*** INPUT FOR THIS TASK ***

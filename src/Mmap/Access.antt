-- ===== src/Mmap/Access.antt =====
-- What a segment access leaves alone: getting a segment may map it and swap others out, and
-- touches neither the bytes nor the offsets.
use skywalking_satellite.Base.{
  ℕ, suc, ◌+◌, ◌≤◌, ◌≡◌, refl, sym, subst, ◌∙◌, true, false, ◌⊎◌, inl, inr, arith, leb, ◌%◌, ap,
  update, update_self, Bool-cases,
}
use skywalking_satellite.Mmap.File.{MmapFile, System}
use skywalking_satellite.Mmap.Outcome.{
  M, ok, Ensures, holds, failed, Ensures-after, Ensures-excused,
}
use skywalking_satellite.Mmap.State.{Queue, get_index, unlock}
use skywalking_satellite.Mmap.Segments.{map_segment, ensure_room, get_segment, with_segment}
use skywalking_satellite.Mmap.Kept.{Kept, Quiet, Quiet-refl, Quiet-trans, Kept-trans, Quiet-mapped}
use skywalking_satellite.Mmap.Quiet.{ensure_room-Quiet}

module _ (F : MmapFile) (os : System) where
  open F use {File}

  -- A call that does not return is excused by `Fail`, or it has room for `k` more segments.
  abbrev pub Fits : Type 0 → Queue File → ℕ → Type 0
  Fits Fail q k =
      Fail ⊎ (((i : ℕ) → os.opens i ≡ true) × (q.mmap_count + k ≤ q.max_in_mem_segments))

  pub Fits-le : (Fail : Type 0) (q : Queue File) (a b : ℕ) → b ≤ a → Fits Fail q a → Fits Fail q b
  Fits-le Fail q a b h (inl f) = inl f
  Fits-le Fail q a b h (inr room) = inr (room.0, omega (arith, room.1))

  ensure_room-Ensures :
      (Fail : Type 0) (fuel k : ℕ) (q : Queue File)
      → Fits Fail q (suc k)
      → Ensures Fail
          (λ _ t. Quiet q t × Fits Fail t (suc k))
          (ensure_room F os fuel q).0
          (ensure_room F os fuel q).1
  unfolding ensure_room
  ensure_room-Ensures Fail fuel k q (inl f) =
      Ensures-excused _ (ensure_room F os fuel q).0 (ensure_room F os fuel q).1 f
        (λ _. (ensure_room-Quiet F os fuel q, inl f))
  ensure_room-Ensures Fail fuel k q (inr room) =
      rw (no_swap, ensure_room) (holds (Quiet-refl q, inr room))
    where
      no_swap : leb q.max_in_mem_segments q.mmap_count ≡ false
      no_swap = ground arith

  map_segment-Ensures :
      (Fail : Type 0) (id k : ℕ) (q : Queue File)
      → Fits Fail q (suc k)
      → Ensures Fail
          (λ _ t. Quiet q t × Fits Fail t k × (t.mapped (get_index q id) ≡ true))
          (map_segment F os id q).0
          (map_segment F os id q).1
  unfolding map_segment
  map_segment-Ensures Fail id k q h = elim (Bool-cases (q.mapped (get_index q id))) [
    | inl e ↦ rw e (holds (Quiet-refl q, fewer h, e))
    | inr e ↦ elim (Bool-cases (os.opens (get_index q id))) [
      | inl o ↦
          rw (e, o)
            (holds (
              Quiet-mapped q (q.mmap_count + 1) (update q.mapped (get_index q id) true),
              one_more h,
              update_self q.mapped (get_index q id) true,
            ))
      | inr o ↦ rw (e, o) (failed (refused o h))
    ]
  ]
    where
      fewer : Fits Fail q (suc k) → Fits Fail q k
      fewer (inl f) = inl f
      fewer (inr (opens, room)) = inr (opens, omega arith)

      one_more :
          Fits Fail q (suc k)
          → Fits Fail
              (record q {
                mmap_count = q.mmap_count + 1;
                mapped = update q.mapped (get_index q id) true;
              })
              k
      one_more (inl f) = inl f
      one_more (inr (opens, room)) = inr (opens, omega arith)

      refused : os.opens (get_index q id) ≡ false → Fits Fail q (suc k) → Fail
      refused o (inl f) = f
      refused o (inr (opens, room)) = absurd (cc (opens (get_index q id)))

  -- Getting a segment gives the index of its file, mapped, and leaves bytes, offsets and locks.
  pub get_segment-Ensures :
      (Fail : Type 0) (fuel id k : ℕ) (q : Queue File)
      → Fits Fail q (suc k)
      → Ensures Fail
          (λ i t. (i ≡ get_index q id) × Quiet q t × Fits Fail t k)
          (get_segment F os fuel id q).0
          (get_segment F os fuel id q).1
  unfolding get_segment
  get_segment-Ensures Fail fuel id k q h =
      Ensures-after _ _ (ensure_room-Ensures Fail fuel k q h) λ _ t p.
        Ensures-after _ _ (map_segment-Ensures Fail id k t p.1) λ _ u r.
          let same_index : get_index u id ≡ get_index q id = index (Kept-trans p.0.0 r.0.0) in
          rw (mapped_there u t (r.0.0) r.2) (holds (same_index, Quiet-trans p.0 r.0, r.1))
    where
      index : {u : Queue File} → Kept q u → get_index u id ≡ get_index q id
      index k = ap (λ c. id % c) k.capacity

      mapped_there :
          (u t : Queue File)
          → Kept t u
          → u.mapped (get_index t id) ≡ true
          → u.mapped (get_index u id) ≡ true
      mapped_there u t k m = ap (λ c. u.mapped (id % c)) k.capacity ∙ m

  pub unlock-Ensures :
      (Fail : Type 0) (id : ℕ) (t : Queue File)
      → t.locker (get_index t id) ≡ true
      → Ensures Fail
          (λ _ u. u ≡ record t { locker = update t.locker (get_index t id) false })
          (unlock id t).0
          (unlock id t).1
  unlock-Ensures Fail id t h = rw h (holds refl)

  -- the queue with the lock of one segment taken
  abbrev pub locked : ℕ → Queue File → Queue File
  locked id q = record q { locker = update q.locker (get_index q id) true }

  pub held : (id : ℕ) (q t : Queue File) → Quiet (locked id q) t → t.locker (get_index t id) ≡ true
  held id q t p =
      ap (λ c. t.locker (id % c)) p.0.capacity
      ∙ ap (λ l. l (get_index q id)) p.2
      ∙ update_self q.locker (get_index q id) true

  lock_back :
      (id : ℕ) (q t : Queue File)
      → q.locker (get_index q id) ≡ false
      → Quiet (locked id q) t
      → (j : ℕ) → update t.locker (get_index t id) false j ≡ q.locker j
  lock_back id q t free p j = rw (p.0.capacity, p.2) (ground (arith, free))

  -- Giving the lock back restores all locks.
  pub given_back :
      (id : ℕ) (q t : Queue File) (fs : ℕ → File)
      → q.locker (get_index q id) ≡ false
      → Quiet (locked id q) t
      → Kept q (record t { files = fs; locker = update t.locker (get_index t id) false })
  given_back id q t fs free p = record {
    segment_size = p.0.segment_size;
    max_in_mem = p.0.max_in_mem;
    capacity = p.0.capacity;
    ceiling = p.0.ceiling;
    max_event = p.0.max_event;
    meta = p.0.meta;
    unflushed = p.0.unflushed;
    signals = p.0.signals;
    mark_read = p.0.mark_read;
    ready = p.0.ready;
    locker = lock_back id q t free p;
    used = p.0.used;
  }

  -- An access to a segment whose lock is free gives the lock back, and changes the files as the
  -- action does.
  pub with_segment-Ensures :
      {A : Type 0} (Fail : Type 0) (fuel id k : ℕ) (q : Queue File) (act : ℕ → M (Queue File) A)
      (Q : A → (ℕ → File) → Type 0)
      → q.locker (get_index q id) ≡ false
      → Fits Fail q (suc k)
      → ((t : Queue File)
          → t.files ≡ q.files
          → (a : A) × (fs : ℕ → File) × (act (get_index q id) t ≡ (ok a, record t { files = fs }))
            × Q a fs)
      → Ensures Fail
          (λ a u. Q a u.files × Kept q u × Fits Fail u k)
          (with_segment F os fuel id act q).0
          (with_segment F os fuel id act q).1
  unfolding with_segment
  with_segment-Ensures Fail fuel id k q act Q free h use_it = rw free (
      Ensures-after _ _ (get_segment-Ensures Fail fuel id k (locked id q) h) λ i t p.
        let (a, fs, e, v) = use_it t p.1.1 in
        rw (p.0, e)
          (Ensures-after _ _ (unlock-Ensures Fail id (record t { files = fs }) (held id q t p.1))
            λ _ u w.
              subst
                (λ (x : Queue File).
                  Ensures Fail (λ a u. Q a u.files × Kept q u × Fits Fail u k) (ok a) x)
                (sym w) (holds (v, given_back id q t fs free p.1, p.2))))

*** End of INPUT FOR THIS TASK ***

### YOUR TASK
What is needed is one number: how many lines of the records above contain the word "ground".

### SOLUTION
2